Items from a data source:
*** Begin section ***
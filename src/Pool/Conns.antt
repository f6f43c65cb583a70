-- ===== src/Pool/Conns.antt =====
-- pool/pool.go: Get and Put over the map from connections to their `poolConn`.
use framego.Prelude.{
  ℕ, ◌≡◌, refl, ap, sym, false, List, [], Option, none, some, ==_refl, if◌then◌else◌, arith,
  Bool-cases, inl, inr,
}
use framego.Prelude.Assoc.{lookup, delete, insert, lookup-delete}
use framego.Pool.Methods.{PoolConn, Pool, put_back, forget, give_token}

pub record Conns : Type 0 where
  pub pool : Pool
  pub conn_map : List (ℕ × PoolConn)

-- The end of Get: what `get` gave is found again by its connection.
unfoldable pub register : Conns → PoolConn → Conns
register s pc = record s { conn_map = insert pc.c pc s.conn_map }

-- `panicked` follows a nil `poolConn`, with the lock held.
pub data Returned : Type 0 where
  panicked : Returned
  put_done : Conns → Option PoolConn → Returned

-- The second half of `put`, once the connection is closed.
unfoldable pub finish_put : Pool × Option PoolConn → Pool × Option PoolConn
unfolding forget give_token
finish_put (p, none) = (give_token p, none)
finish_put (p, some pc) = (give_token (forget p), some pc)

abbrev pub with_map : List (ℕ × PoolConn) → Pool × Option PoolConn → Returned
with_map m (p, closes) = put_done (record { pool = p; conn_map = m }) closes

unfoldable pub put_found : Conns → List (ℕ × PoolConn) → ℕ → Option PoolConn → Returned
unfolding finish_put put_back
put_found s m now none = if s.pool.closed then with_map m (finish_put (s.pool, none)) else panicked
put_found s m now (some pc) = with_map m (finish_put (put_back s.pool pc now false))

-- Put, and the connection that it closes, if any.
unfoldable pub put : Conns → ℕ → ℕ → Returned
unfolding put_found
put s c now = put_found s (delete c s.conn_map) now (lookup c s.conn_map)

absent_panics :
    (s : Conns) (c now : ℕ)
    → lookup c s.conn_map ≡ none
    → s.pool.closed ≡ false
    → put s c now ≡ panicked
unfolding put put_found
absent_panics s c now e is_open = rw (e, is_open) refl

-- The map of a Put that did not panic.
abbrev conns_of : Returned → List (ℕ × PoolConn)
conns_of panicked = []
conns_of (put_done s closes) = s.conn_map

map_after :
    (s s' : Conns) (m : List (ℕ × PoolConn)) (now : ℕ) (o closes : Option PoolConn)
    → put_found s m now o ≡ put_done s' closes
    → s'.conn_map ≡ m
unfolding put_found
map_after s s' m now none closes h = elim (Bool-cases s.pool.closed) [
  | inl e ↦ sym (ap conns_of (rw e at h))
  | inr e ↦ absurd (ground (rw e at h, arith))
]
map_after s s' m now (some pc) closes h = sym (ap conns_of h)

-- A second Put of a connection panics while the pool is open.
pub put_twice_panics :
    (s s' : Conns) (c now later : ℕ) (closes : Option PoolConn)
    → put s c now ≡ put_done s' closes
    → s'.pool.closed ≡ false
    → put s' c later ≡ panicked
unfolding put
put_twice_panics s s' c now later closes h is_open =
    let m = map_after s s' (delete c s.conn_map) now (lookup c s.conn_map) closes h in
    absent_panics s' c later (rw (m, lookup-delete c c s.conn_map, ==_refl c) refl) is_open
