-- ===== src/Copy/Gob.antt =====
-- copy/copy.go: GobDeepCopy by many goroutines over its pool of codecs, from when the pool is made and no
-- goroutine is left between `gobCodecPool == nil` and its assignment: that test takes no lock, and before,
-- two first copies may each make a pool. A copy is cut between its Get, its Encode, and its Decode with the
-- Put.
use framego.Prelude.{ℕ, ◌+◌, Bool, true, false, [], Option, some, ◌==◌, if◌then◌else◌}
use framego.Errors.{Cause, Error, new_error, wrap}
use framego.Pool.Methods.{PoolConn, Config, new_pool}
use framego.Pool.Get.{Got, waits, refused, reused, dial, get}
use framego.Pool.Conns.{Conns, Returned, panicked, put_done, register, put}
use framego.Copy.{error_nil_pointer, error_encoding, decoded}

-- Encode has no error, has one, or panics, as it does at a nil pointer.
pub data Encoding : Type 0 where
  is_encoded : Encoding
  fails : Cause → Encoding
  raises : Encoding

-- A codec of encoding/gob, with an encoder and a decoder on one buffer.
pub record Gob (C V D : Type 0) : Type 0 where
  pub new_gob_codec : C
  pub encode : C → V → C × Encoding
  pub decode : C → D → C × (D × Option Cause)

-- Durations are in nanoseconds.
abbrev pub gob_pool_config : Config
gob_pool_config = record {
  max_idle = 100;
  max_active = 0;
  idle_timeout = 10000000000;
  wait = true;
  max_conn_lifetime = 0;
}

-- Where the goroutine stands that has a codec: it is not in hand, or fresh from the pool, or has this
-- source encoded.
pub data Phase (V : Type 0) : Type 0 where
  out : Phase V
  fresh : Phase V
  encoded : V → Phase V

pub record Copier (C V : Type 0) : Type 0 where
  pub gob_codec_pool : Conns
  pub codecs : ℕ → C
  pub phase : ℕ → Phase V
  pub next : ℕ

-- A copy starts at a time, with whether source and target are there.
pub data Event (V D : Type 0) : Type 0 where
  starts : Bool → ℕ → Event V D
  encodes : ℕ → V → ℕ → Event V D
  decodes : ℕ → D → ℕ → Event V D

-- What an event ends a copy with: the target's value and an error.
pub data Answer (D : Type 0) : Type 0 where
  goes_on : Answer D
  waits_for_codec : Answer D
  ends : Option Error → Answer D
  ends_with : D → Option Error → Answer D
  panics : Answer D

abbrev pub set_at : {A : Type 0} → ℕ → A → (ℕ → A) → ℕ → A
set_at k a f i = if i == k then a else f i

module _ {C V D : Type 0} (gob : Gob C V D) where
  -- With the pool just made.
  unfoldable pub new_copier : Copier C V
  unfolding new_pool
  new_copier = record {
    gob_codec_pool = record { pool = new_pool gob_pool_config; conn_map = [] };
    codecs = λ i. gob.new_gob_codec;
    phase = λ i. out;
    next = 0;
  }

  -- The new codec that `Dial` makes.
  abbrev pub dialed : Copier C V → ℕ → PoolConn
  dialed st now = record { c = st.next; t = now; created = now }

  -- With a connection in hand that the pool gave.
  abbrev pub took : Copier C V → Conns → PoolConn → Copier C V
  took st s pc = record st { gob_codec_pool = register s pc; phase = set_at pc.c fresh st.phase }

  -- `gc.(*gobCodec)` of the nil that Get gives on an error panics.
  abbrev pub start_with : Copier C V → Conns → ℕ → Got → Copier C V × Answer D
  start_with st s now waits = (st, waits_for_codec)
  start_with st s now (refused p closes) =
      (record st { gob_codec_pool = record s { pool = p } }, panics)
  start_with st s now (reused p pc closes) = (took st (record s { pool = p }) pc, goes_on)
  start_with st s now (dial p closes) = (
    took (record st { codecs = set_at st.next gob.new_gob_codec st.codecs; next = st.next + 1 })
        (record s { pool = p }) (dialed st now),
    goes_on,
  )

  -- The deferred Put.
  abbrev pub after_put : Copier C V → ℕ → Answer D → Returned → Copier C V × Answer D
  after_put st c answer panicked = (st, panics)
  after_put st c answer (put_done s closes) =
      (record st { gob_codec_pool = s; phase = set_at c out st.phase }, answer)

  abbrev pub give_back : Copier C V → ℕ → ℕ → Answer D → Copier C V × Answer D
  give_back st c now answer = after_put st c answer (put st.gob_codec_pool c now)

  -- The deferred Put runs after an error and after a panic too.
  abbrev pub encoded_at : Copier C V → ℕ → V → ℕ → C × Encoding → Copier C V × Answer D
  encoded_at st c src now (codec, is_encoded) = (
    record st { codecs = set_at c codec st.codecs; phase = set_at c (encoded src) st.phase },
    goes_on,
  )
  encoded_at st c src now (codec, fails cause) =
      give_back (record st { codecs = set_at c codec st.codecs }) c now
        (ends (some (wrap cause error_encoding)))
  encoded_at st c src now (codec, raises) =
      give_back (record st { codecs = set_at c codec st.codecs }) c now panics

  abbrev pub encode_in : Copier C V → ℕ → V → ℕ → Phase V → Copier C V × Answer D
  encode_in st c src now fresh = encoded_at st c src now (gob.encode (st.codecs c) src)
  encode_in st c src now _ = (st, goes_on)

  abbrev pub ended : D × Option Error → Answer D
  ended (dst, e) = ends_with dst e

  abbrev pub decoded_at : Copier C V → ℕ → ℕ → C × (D × Option Cause) → Copier C V × Answer D
  decoded_at st c now (codec, result) =
      give_back (record st { codecs = set_at c codec st.codecs }) c now (ended (decoded result))

  abbrev pub decode_in : Copier C V → ℕ → D → ℕ → Phase V → Copier C V × Answer D
  decode_in st c dst now (encoded src) = decoded_at st c now (gob.decode (st.codecs c) dst)
  decode_in st c dst now _ = (st, goes_on)

  -- An event for which no goroutine stands where it should does nothing.
  unfoldable pub exec : Event V D → Copier C V → Copier C V × Answer D
  unfolding get register put new_error wrap
  exec (starts false now) st = (st, ends (some (new_error error_nil_pointer)))
  exec (starts true now) st =
      let s = st.gob_codec_pool in start_with st s now (get s.pool now (λ pc. true))
  exec (encodes c src now) st = encode_in st c src now (st.phase c)
  exec (decodes c dst now) st = decode_in st c dst now (st.phase c)

  -- The codec that Get gave.
  abbrev pub codec_of : Copier C V → Got → ℕ
  codec_of st (reused p pc closes) = pc.c
  codec_of st _ = st.next

  abbrev pub go_on_if :
      Answer D → Copier C V → (Copier C V → Copier C V × Answer D) → Copier C V × Answer D
  go_on_if goes_on st rest = rest st
  go_on_if answer st rest = (st, answer)

  abbrev pub and_then :
      Copier C V × Answer D → (Copier C V → Copier C V × Answer D) → Copier C V × Answer D
  and_then r rest = go_on_if r.1 r.0 rest

  -- A whole copy, with no other in between.
  unfoldable pub gob_deep_copy : Option D → Option V → ℕ → Copier C V → Copier C V × Answer D
  unfolding exec
  gob_deep_copy (some dst) (some src) now st =
      let c = codec_of st (get st.gob_codec_pool.pool now (λ pc. true)) in
      and_then (exec (starts true now) st)
        (λ st. and_then (exec (encodes c src now) st) (exec (decodes c dst now)))
  gob_deep_copy dst _ now st = exec (starts false now) st

  unfoldable pub deep_copy : Option D → Option V → ℕ → Copier C V → Copier C V × Answer D
  unfolding gob_deep_copy
  deep_copy dst src now st = gob_deep_copy dst src now st
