-- ===== src/Pool/Get/Returned.antt =====
-- What a Put leaves idle.
use framego.Prelude.{
  ℕ, ◌+◌, ◌≡◌, ◌≢◌, refl, sym, subst, Bool, true, false, not, ◌&&◌, List, [], ◌∷◌, Option, none,
  some, length, ltb, if◌then◌else◌,
}
use framego.Prelude.Assoc.{lookup, delete}
use framego.Pool.Methods.{
  PoolConn, Config, Pool, give_token, forget, pop_back, put_back, split_last, after_pop,
}
use framego.Pool.Conns.{Conns, Returned, panicked, put_done, finish_put, put_found, put}
use framego.Pool.Get.Unlimited.{
  IsOther, AreGood, IsPopped, IsReady, IsReady-forget, IsPopped-split_last,
}

pub IsOther-outside :
    (P : ℕ → Type 0) (c : ℕ) (l : List PoolConn) → AreGood P l → (P c → ⊥) → IsOther c l
IsOther-outside P c [] good h = tt
IsOther-outside P c (x ∷ xs) good h = (λ e. h (subst P e good.0), IsOther-outside P c xs good.2 h)

pub AreGood-map :
    (P Q : ℕ → Type 0) (c : ℕ) (l : List PoolConn)
    → ((i : ℕ) → i ≢ c → P i → Q i)
    → IsOther c l
    → AreGood P l
    → AreGood Q l
AreGood-map P Q c [] f o good = tt
AreGood-map P Q c (x ∷ xs) f o good = (f x.c o.0 good.0, good.1, AreGood-map P Q c xs f o.1 good.2)

module _ (P : ℕ → Type 0) (config : Config) where
  IsReady-if :
      (b : Bool) (p q : Pool)
      → IsReady P config p
      → IsReady P config q
      → IsReady P config (if b then p else q)
  IsReady-if true p q h k = h
  IsReady-if false p q h k = k

  IsReady-both :
      (b : Bool) (p q : Pool × Option PoolConn)
      → IsReady P config p.0
      → IsReady P config q.0
      → IsReady P config (if b then p else q).0
  IsReady-both true p q h k = h
  IsReady-both false p q h k = k

  give_token-IsReady : (p : Pool) → IsReady P config p → IsReady P config (give_token p)
  unfolding give_token
  give_token-IsReady p ready = go p.ch
    where
      go :
          (o : Option ℕ)
          → IsReady P config (elim o [
            | none ↦ p
            | some tokens ↦ if p.closed then p else record p { ch = some (tokens + 1) }
          ])
      go none = ready
      go (some tokens) =
          IsReady-if p.closed p (record p { ch = some (tokens + 1) }) ready
            (ready.0, ready.1, ready.2)

  finish_put-IsReady :
      (q : Pool × Option PoolConn) → IsReady P config q.0 → IsReady P config (finish_put q).0
  unfolding finish_put
  finish_put-IsReady (p, none) ready = give_token-IsReady p ready
  finish_put-IsReady (p, some pc) ready =
      give_token-IsReady (forget p) (IsReady-forget P config p ready)

  abbrev trimmed : Pool → Option (Pool × PoolConn) → Pool × Option PoolConn
  trimmed q none = (q, none)
  trimmed q (some (r, last)) = (r, some last)

  trimmed-IsReady :
      (q : Pool) (o : Option (List PoolConn × PoolConn))
      → IsReady P config q
      → IsPopped P o
      → IsReady P config (trimmed q (after_pop q o)).0
  trimmed-IsReady q none ready popped = ready
  trimmed-IsReady q (some (rest, last)) ready popped = (ready.0, ready.1, popped.0)

  put_back-IsReady :
      (p : Pool) (pc : PoolConn) (now : ℕ)
      → IsReady P config p
      → P pc.c
      → IsOther pc.c p.idle
      → IsReady P config (put_back p pc now false).0
  unfolding put_back pop_back
  put_back-IsReady p pc now ready good other =
      let q : Pool = record p { idle = record pc { t = now } ∷ p.idle } in
      let ready_q : IsReady P config q = (ready.0, ready.1, (good, other, ready.2)) in
      IsReady-both (not p.closed && not false)
        (if ltb p.config.max_idle (length q.idle)
          then trimmed q (after_pop q (split_last q.idle))
          else (q, none))
        (p, some pc)
        (IsReady-both (ltb p.config.max_idle (length q.idle))
          (trimmed q (after_pop q (split_last q.idle))) (q, none)
          (trimmed-IsReady q (split_last q.idle) ready_q (IsPopped-split_last P q.idle ready_q.2))
          ready_q)
        ready

  -- A Put that is done leaves the pool so, and its connection is in the map no more.
  abbrev pub IsPut : ℕ → Conns → Returned → Type 0
  IsPut c s panicked = ⊥
  IsPut c s (put_done s' closes) = IsReady P config s'.pool × (s'.conn_map ≡ delete c s.conn_map)

  pub put-IsPut :
      (s : Conns) (c now : ℕ) (pc : PoolConn)
      → lookup c s.conn_map ≡ some pc
      → pc.c ≡ c
      → IsReady P config s.pool
      → P c
      → IsOther c s.pool.idle
      → IsPut c s (put s c now)
  unfolding put put_found
  put-IsPut s c now pc found same ready good other = rw found (
    finish_put-IsReady (put_back s.pool pc now false) (
        put_back-IsReady s.pool pc now ready (subst P (sym same) good)
          (subst (λ (i : ℕ). IsOther i s.pool.idle) (sym same) other)),
    refl,
  )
*** End section ***
** Goal of the exercise **
In the lines above, find each one with "module" and list it.

** Exercise output **
module _ {C V D : Type 0} (gob : Gob C V D) where
module _ (P : ℕ → Type 0) (config : Config) where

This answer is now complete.